- [Problem to work on]:
Restate the records in full, so that each line matches the original exactly.

(Provided entries)

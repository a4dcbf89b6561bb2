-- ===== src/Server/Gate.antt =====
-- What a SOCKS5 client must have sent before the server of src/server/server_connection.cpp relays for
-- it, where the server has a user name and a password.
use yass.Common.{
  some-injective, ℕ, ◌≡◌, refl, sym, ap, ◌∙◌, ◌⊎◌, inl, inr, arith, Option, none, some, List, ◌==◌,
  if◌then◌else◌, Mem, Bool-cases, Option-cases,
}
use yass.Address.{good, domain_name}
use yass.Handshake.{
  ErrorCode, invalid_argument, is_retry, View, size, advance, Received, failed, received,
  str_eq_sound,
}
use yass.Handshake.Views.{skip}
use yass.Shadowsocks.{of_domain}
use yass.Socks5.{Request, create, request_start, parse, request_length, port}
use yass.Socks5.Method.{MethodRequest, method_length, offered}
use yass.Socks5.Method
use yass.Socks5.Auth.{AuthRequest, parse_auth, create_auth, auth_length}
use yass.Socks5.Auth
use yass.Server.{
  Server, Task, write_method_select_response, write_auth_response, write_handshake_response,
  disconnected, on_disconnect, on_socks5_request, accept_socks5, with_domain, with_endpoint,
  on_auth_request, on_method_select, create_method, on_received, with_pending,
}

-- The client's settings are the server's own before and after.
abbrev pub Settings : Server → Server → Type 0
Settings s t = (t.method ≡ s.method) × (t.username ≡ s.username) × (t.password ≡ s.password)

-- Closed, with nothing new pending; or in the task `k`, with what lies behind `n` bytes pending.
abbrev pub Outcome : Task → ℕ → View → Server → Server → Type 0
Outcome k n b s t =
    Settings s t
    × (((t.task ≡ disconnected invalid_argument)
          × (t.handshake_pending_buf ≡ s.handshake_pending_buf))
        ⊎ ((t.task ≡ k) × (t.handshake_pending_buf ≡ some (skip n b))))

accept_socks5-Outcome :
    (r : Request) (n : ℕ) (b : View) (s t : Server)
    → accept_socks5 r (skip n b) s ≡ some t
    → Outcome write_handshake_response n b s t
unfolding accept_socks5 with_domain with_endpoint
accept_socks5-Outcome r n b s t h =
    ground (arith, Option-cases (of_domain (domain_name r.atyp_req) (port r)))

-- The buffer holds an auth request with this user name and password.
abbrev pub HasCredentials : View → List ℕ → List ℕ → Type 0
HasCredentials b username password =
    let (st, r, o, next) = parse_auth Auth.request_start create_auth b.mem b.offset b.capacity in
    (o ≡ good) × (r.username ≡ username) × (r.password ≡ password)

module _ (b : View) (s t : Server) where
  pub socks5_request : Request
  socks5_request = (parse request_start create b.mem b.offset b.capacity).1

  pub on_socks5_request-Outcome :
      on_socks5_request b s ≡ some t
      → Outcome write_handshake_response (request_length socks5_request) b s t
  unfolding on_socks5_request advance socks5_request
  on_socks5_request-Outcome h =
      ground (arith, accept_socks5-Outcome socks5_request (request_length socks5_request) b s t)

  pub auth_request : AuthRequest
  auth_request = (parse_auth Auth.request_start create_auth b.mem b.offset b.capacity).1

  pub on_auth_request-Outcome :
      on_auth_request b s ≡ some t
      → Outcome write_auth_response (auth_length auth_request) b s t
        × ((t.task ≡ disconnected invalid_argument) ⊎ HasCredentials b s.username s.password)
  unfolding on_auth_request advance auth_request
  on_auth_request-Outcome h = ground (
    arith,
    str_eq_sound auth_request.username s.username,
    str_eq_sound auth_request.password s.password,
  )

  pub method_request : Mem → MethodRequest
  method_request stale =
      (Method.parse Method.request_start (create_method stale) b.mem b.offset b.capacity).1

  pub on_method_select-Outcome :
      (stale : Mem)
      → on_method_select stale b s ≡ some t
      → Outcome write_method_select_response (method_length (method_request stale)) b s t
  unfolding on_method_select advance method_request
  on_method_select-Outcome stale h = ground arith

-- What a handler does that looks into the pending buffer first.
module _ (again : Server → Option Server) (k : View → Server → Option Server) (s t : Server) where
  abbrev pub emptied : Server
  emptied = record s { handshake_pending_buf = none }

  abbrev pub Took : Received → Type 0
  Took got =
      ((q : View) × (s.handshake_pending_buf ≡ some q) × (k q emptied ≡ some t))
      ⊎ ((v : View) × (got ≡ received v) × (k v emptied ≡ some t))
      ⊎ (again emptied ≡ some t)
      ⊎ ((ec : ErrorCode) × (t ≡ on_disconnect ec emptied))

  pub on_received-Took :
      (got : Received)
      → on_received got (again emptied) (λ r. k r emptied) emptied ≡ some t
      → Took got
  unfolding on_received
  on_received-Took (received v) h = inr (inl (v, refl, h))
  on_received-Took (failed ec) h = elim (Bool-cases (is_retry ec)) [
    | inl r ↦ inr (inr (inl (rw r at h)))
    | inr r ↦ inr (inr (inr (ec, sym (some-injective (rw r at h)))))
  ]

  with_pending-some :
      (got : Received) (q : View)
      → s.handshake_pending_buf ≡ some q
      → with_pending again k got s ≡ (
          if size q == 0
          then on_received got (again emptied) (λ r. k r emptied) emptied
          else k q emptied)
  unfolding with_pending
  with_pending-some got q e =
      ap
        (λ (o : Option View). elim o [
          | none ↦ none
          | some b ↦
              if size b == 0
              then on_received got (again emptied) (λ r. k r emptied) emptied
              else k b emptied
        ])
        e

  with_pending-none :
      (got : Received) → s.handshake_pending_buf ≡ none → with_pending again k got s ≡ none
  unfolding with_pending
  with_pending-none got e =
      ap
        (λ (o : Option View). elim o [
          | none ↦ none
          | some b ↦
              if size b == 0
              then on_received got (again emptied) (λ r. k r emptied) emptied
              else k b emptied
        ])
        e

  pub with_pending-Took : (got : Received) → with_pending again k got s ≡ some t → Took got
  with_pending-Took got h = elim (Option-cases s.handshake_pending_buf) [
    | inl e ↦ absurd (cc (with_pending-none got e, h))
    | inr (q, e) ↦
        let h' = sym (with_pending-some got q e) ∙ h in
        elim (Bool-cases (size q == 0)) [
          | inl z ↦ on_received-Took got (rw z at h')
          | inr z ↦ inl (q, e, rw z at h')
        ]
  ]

(End Provided entries)

- [Solution]:
repository a4dcbf89b6561bb2
-- ===== src/Server/Gate.antt =====
-- What a SOCKS5 client must have sent before the server of src/server/server_connection.cpp relays for
-- it, where the server has a user name and a password.
use yass.Common.{
  some-injective, ℕ, ◌≡◌, refl, sym, ap, ◌∙◌, ◌⊎◌, inl, inr, arith, Option, none, some, List, ◌==◌,
  if◌then◌else◌, Mem, Bool-cases, Option-cases,
}
use yass.Address.{good, domain_name}
use yass.Handshake.{
  ErrorCode, invalid_argument, is_retry, View, size, advance, Received, failed, received,
  str_eq_sound,
}
use yass.Handshake.Views.{skip}
use yass.Shadowsocks.{of_domain}
use yass.Socks5.{Request, create, request_start, parse, request_length, port}
use yass.Socks5.Method.{MethodRequest, method_length, offered}
use yass.Socks5.Method
use yass.Socks5.Auth.{AuthRequest, parse_auth, create_auth, auth_length}
use yass.Socks5.Auth
use yass.Server.{
  Server, Task, write_method_select_response, write_auth_response, write_handshake_response,
  disconnected, on_disconnect, on_socks5_request, accept_socks5, with_domain, with_endpoint,
  on_auth_request, on_method_select, create_method, on_received, with_pending,
}

-- The client's settings are the server's own before and after.
abbrev pub Settings : Server → Server → Type 0
Settings s t = (t.method ≡ s.method) × (t.username ≡ s.username) × (t.password ≡ s.password)

-- Closed, with nothing new pending; or in the task `k`, with what lies behind `n` bytes pending.
abbrev pub Outcome : Task → ℕ → View → Server → Server → Type 0
Outcome k n b s t =
    Settings s t
    × (((t.task ≡ disconnected invalid_argument)
          × (t.handshake_pending_buf ≡ s.handshake_pending_buf))
        ⊎ ((t.task ≡ k) × (t.handshake_pending_buf ≡ some (skip n b))))

accept_socks5-Outcome :
    (r : Request) (n : ℕ) (b : View) (s t : Server)
    → accept_socks5 r (skip n b) s ≡ some t
    → Outcome write_handshake_response n b s t
unfolding accept_socks5 with_domain with_endpoint
accept_socks5-Outcome r n b s t h =
    ground (arith, Option-cases (of_domain (domain_name r.atyp_req) (port r)))

-- The buffer holds an auth request with this user name and password.
abbrev pub HasCredentials : View → List ℕ → List ℕ → Type 0
HasCredentials b username password =
    let (st, r, o, next) = parse_auth Auth.request_start create_auth b.mem b.offset b.capacity in
    (o ≡ good) × (r.username ≡ username) × (r.password ≡ password)

module _ (b : View) (s t : Server) where
  pub socks5_request : Request
  socks5_request = (parse request_start create b.mem b.offset b.capacity).1

  pub on_socks5_request-Outcome :
      on_socks5_request b s ≡ some t
      → Outcome write_handshake_response (request_length socks5_request) b s t
  unfolding on_socks5_request advance socks5_request
  on_socks5_request-Outcome h =
      ground (arith, accept_socks5-Outcome socks5_request (request_length socks5_request) b s t)

  pub auth_request : AuthRequest
  auth_request = (parse_auth Auth.request_start create_auth b.mem b.offset b.capacity).1

  pub on_auth_request-Outcome :
      on_auth_request b s ≡ some t
      → Outcome write_auth_response (auth_length auth_request) b s t
        × ((t.task ≡ disconnected invalid_argument) ⊎ HasCredentials b s.username s.password)
  unfolding on_auth_request advance auth_request
  on_auth_request-Outcome h = ground (
    arith,
    str_eq_sound auth_request.username s.username,
    str_eq_sound auth_request.password s.password,
  )

  pub method_request : Mem → MethodRequest
  method_request stale =
      (Method.parse Method.request_start (create_method stale) b.mem b.offset b.capacity).1

  pub on_method_select-Outcome :
      (stale : Mem)
      → on_method_select stale b s ≡ some t
      → Outcome write_method_select_response (method_length (method_request stale)) b s t
  unfolding on_method_select advance method_request
  on_method_select-Outcome stale h = ground arith

-- What a handler does that looks into the pending buffer first.
module _ (again : Server → Option Server) (k : View → Server → Option Server) (s t : Server) where
  abbrev pub emptied : Server
  emptied = record s { handshake_pending_buf = none }

  abbrev pub Took : Received → Type 0
  Took got =
      ((q : View) × (s.handshake_pending_buf ≡ some q) × (k q emptied ≡ some t))
      ⊎ ((v : View) × (got ≡ received v) × (k v emptied ≡ some t))
      ⊎ (again emptied ≡ some t)
      ⊎ ((ec : ErrorCode) × (t ≡ on_disconnect ec emptied))

  pub on_received-Took :
      (got : Received)
      → on_received got (again emptied) (λ r. k r emptied) emptied ≡ some t
      → Took got
  unfolding on_received
  on_received-Took (received v) h = inr (inl (v, refl, h))
  on_received-Took (failed ec) h = elim (Bool-cases (is_retry ec)) [
    | inl r ↦ inr (inr (inl (rw r at h)))
    | inr r ↦ inr (inr (inr (ec, sym (some-injective (rw r at h)))))
  ]

  with_pending-some :
      (got : Received) (q : View)
      → s.handshake_pending_buf ≡ some q
      → with_pending again k got s ≡ (
          if size q == 0
          then on_received got (again emptied) (λ r. k r emptied) emptied
          else k q emptied)
  unfolding with_pending
  with_pending-some got q e =
      ap
        (λ (o : Option View). elim o [
          | none ↦ none
          | some b ↦
              if size b == 0
              then on_received got (again emptied) (λ r. k r emptied) emptied
              else k b emptied
        ])
        e

  with_pending-none :
      (got : Received) → s.handshake_pending_buf ≡ none → with_pending again k got s ≡ none
  unfolding with_pending
  with_pending-none got e =
      ap
        (λ (o : Option View). elim o [
          | none ↦ none
          | some b ↦
              if size b == 0
              then on_received got (again emptied) (λ r. k r emptied) emptied
              else k b emptied
        ])
        e

  pub with_pending-Took : (got : Received) → with_pending again k got s ≡ some t → Took got
  with_pending-Took got h = elim (Option-cases s.handshake_pending_buf) [
    | inl e ↦ absurd (cc (with_pending-none got e, h))
    | inr (q, e) ↦
        let h' = sym (with_pending-some got q e) ∙ h in
        elim (Bool-cases (size q == 0)) [
          | inl z ↦ on_received-Took got (rw z at h')
          | inr z ↦ inl (q, e, rw z at h')
        ]
  ]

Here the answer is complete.